Solve L'Hospital's Rule: sin(e^(x^2)-1)/e^(cosx)-e

[RockPaper]

Homework Statement

lim as x -> 0 sin(e^(x^2)-1)/e^(cosx)-e
See Link Below.

I saw this on the net and tried to solve it. I'm wondering if I'm correct by any means or did I mess up somewhere along the line.

Homework Equations

The Attempt at a Solution

http://img291.imageshack.us/img291/1174/hopitalsrule.jpg

 

[Bohrok]

The second differentiation of the numerator isn't correct. It shouldn't be just one term but two.
(f*g)' = fg' + gf'

 

[njama]

You did it well.

Regards.

 

[RockPaper]

The second differentiation of the numerator isn't correct. It shouldn't be just one term but two.
(f*g)' = fg' + gf'

You did it well.

Regards.

I think you're right Bohrok (because I have a tendency of messing up).

@Bohrok: Do you mean the second differentiation should be

-sin(e^x2-1)2xe^x2+(2e^x2+4x²e^x2)cos(e^x2-1)/-cos(x)e^cosxsin²x*e^cosx

also, would the negative signs go away since we have both in the numerator and denominator? could we reduce the answer to 0 or do we keep it as 0/e?

 

[Mark44]

I agree with Bohrok and disagree with njama. Let's take it a step at a time. Your first differentiation of the numerator was correct, but the second one wasn't, and your latest try doesn't look right either.

What do you get for
$$\frac{d}{dx} 2xe^{x^2}~cos(e^{x^2} - 1)$$ ?

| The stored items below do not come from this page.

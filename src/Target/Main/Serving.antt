-- ===== src/Target/Main/Serving.antt =====
-- cmd/target/main.go: from a start to every state of the two accept loops.
use mathlib.Core.Path.{subst}
use ea_share.Base.{
  Option-cases, ◌≡◌, refl, ◌∙◌, sym, ◌⊎◌, inl, inr, String, true, false, Option, none, some, List,
  [], Bytes, Bool-cases, arith,
}
use ea_share.Addr.{Net, clip_addr}
use ea_share.Identity.{Crypto, load_or_generate_cert}
use ea_share.Target.Token.{start_token}
use ea_share.Target.Accept.{accepted, returned, cleared}
use ea_share.Target.Accept.Single.{IsSingle, Step-IsSingle, not_in_nil}
use ea_share.Target.Main.{
  System, Target, serving, main, with_token, with_certificate, start_listening, listening_target,
  start_clipboard_listener, listen_at, is_some, Step, main_accepted, main_returned, main_cleared,
  main_failed, clip_accepted, clip_returned, clip_cleared, clip_failed, Reach, here, next,
}

-- One connection at a time on each channel, and none on the clipboard's where it is not up.
abbrev IsServing : Option String → Target → Type 0
IsServing clip_at t =
    IsSingle t.main
    × IsSingle t.clip
    × (((t.clip_listens ≡ false) × (t.clip.handlers ≡ [])) ⊎ ((a : String) × (clip_at ≡ some a)))

Step-IsServing :
    {clip_at : Option String} {t u : Target} → Step t u → IsServing clip_at t → IsServing clip_at u
Step-IsServing (main_accepted c e) (m, k, o) = (Step-IsSingle (accepted c) m, k, o)
Step-IsServing (main_returned b a c e h) (m, k, o) = (Step-IsSingle (returned b a c h) m, k, o)
Step-IsServing (main_cleared b a c e h) (m, k, o) = (Step-IsSingle (cleared b a c h) m, k, o)
Step-IsServing main_failed s = s
Step-IsServing (clip_accepted c e l) (m, k, inl (off, empty)) =
    absurd (let both = sym off ∙ l in cc)
Step-IsServing (clip_accepted c e l) (m, k, inr up) = (m, Step-IsSingle (accepted c) k, inr up)
Step-IsServing (clip_returned b a c e h) (m, k, inl (off, empty)) =
    absurd (not_in_nil b a (c, true) (sym empty ∙ h))
Step-IsServing (clip_returned b a c e h) (m, k, inr up) =
    (m, Step-IsSingle (returned b a c h) k, inr up)
Step-IsServing (clip_cleared b a c e h) (m, k, inl (off, empty)) =
    absurd (not_in_nil b a (c, false) (sym empty ∙ h))
Step-IsServing (clip_cleared b a c e h) (m, k, inr up) =
    (m, Step-IsSingle (cleared b a c h) k, inr up)
Step-IsServing (clip_failed e) (m, k, inl (off, empty)) = (m, k, inl (refl, empty))
Step-IsServing (clip_failed e) (m, k, inr up) = (m, k, inr up)

Reach-IsServing :
    {clip_at : Option String} {t u : Target} → IsServing clip_at t → Reach t u → IsServing clip_at u
Reach-IsServing s here = s
Reach-IsServing s (next r st) = Step-IsServing st (Reach-IsServing s r)

module _ (net : Net) (crypto : Crypto) (sys : System) (listen given : String) where
  unused-IsServing :
      (token : String) (der : Bytes) (lines : List String)
      → IsServing
          (start_clipboard_listener net crypto sys listen)
          (listening_target net crypto sys listen token der lines)
  unfolding listening_target is_some
  unused-IsServing token der lines =
      elim (Option-cases (start_clipboard_listener net crypto sys listen)) [
        | inl e ↦ (inl (refl, refl), inl (refl, refl), inl (rw e refl, refl))
        | inr (a, e) ↦ (inl (refl, refl), inl (refl, refl), inr (a, e))
      ]

  listened :
      (addr : Option String) (a : String)
      → listen_at net crypto sys.tls_listens addr ≡ some a
      → (addr ≡ some a) × (sys.tls_listens a ≡ true)
  unfolding listen_at
  listened none a e = absurd (cc)
  listened (some b) a e = ground (arith, e)

  -- What a target has that a start has brought to its loop.
  abbrev IsStarted : Target → Type 0
  IsStarted t =
      (lines : List String) × (start_token given sys.random ≡ some (t.token, lines))
      × ((load_or_generate_cert crypto sys.os sys.fresh sys.files).1 ≡ some t.certificate)
      × IsServing (start_clipboard_listener net crypto sys listen) t

  start_listening-IsStarted :
      (token : String) (der : Bytes) (lines : List String) (t : Target)
      → start_token given sys.random ≡ some (token, lines)
      → (load_or_generate_cert crypto sys.os sys.fresh sys.files).1 ≡ some der
      → start_listening net crypto sys listen token der lines ≡ serving t
      → IsStarted t
  unfolding start_listening listening_target
  start_listening-IsStarted token der lines t k d e = elim (Bool-cases (sys.tls_listens listen)) [
    | inl h ↦
        let same : listening_target net crypto sys listen token der lines ≡ t =
          let up = rw h at e in cc in
        subst IsStarted same (lines, k, d, unused-IsServing token der lines)
    | inr h ↦ absurd (let down = rw h at e in cc)
  ]

  with_certificate-IsStarted :
      (token : String) (der : Option Bytes) (lines : List String) (t : Target)
      → start_token given sys.random ≡ some (token, lines)
      → (load_or_generate_cert crypto sys.os sys.fresh sys.files).1 ≡ der
      → with_certificate net crypto sys listen token lines der ≡ serving t
      → IsStarted t
  unfolding with_certificate
  with_certificate-IsStarted token none lines t k d e = absurd (cc)
  with_certificate-IsStarted token (some der) lines t k d e = elim (Bool-cases sys.injector) [
    | inl h ↦ start_listening-IsStarted token der lines t k d (ground (arith, h, e))
    | inr h ↦ absurd (let down = rw h at e in cc)
  ]

  with_token-IsStarted :
      (token : Option (String × List String)) (t : Target)
      → start_token given sys.random ≡ token
      → with_token net crypto sys listen token ≡ serving t
      → IsStarted t
  unfolding with_token
  with_token-IsStarted none t k e = absurd (cc)
  with_token-IsStarted (some (token, lines)) t k e =
      with_certificate-IsStarted token (load_or_generate_cert crypto sys.os sys.fresh sys.files).1
        lines t k refl e

  -- A target that comes to its loops has the token that it was given or has made up, and the certificate of its data
  -- directory. Whatever connections then arrive and end on its two channels, and whenever a loop fails: on each
  -- channel at most one connection has a goroutine, the active one; and the clipboard's has none at all unless its
  -- listener started, at the address one port above the main one.
  pub main-IsServing :
      (t u : Target)
      → main net crypto sys listen given ≡ serving t
      → Reach t u
      → (lines : List String) × (start_token given sys.random ≡ some (t.token, lines))
        × ((load_or_generate_cert crypto sys.os sys.fresh sys.files).1 ≡ some t.certificate)
        × IsSingle u.main
        × IsSingle u.clip
        × (((u.clip_listens ≡ false) × (u.clip.handlers ≡ []))
            ⊎ ((a : String) × (clip_addr net listen ≡ some a) × (sys.tls_listens a ≡ true)))
  unfolding main start_clipboard_listener
  main-IsServing t u e r =
      let (lines, k, d, s) = with_token-IsStarted (start_token given sys.random) t refl e in
      let (m, c, o) = Reach-IsServing s r in
      (
        lines,
        k,
        d,
        m,
        c,
        elim o [
          | inl off ↦ inl off
          | inr (a, h) ↦ let (found, ok) = listened (clip_addr net listen) a h in inr (a, found, ok)
        ],
      )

Also, you should NOT leave an answer as 0/e.

 

[RockPaper]

I agree with Bohrok and disagree with njama. Let's take it a step at a time. Your first differentiation of the numerator was correct, but the second one wasn't, and your latest try doesn't look right either.

What do you get for
$$\frac{d}{dx} 2xe^{x^2}~cos(e^{x^2} - 1)$$ ?

Also, you should NOT leave an answer as 0/e.

Thank you for clearing that up, so the limit as x->0 is 0

I get:
2e^x2+4x²e^x2cos(e^x2-1)-sin(e^x2-1)*2xe^x2*2xe^x2

 

[Mark44]

Thank you for clearing that up, so the limit as x->0 is 0

I get:
2e^x2+4x²e^x2cos(e^x2-1)-sin(e^x2-1)*2xe^x2*2xe^x2

Close, but you are missing a pair of necessary parentheses and one exponent is incorrect, according to my work.
Edit: the 3 exponent below should be 2.
(2e^x2+4x³e^x2)cos(e^x2-1)-sin(e^x2-1)*2xe^x2*2xe^x2

BTW
$$2xe^{x^2}*2xe^{x^2} = 4x^2e^{2x^2}$$

 

[RockPaper]

Close, but you are missing a pair of necessary parentheses and one exponent is incorrect, according to my work.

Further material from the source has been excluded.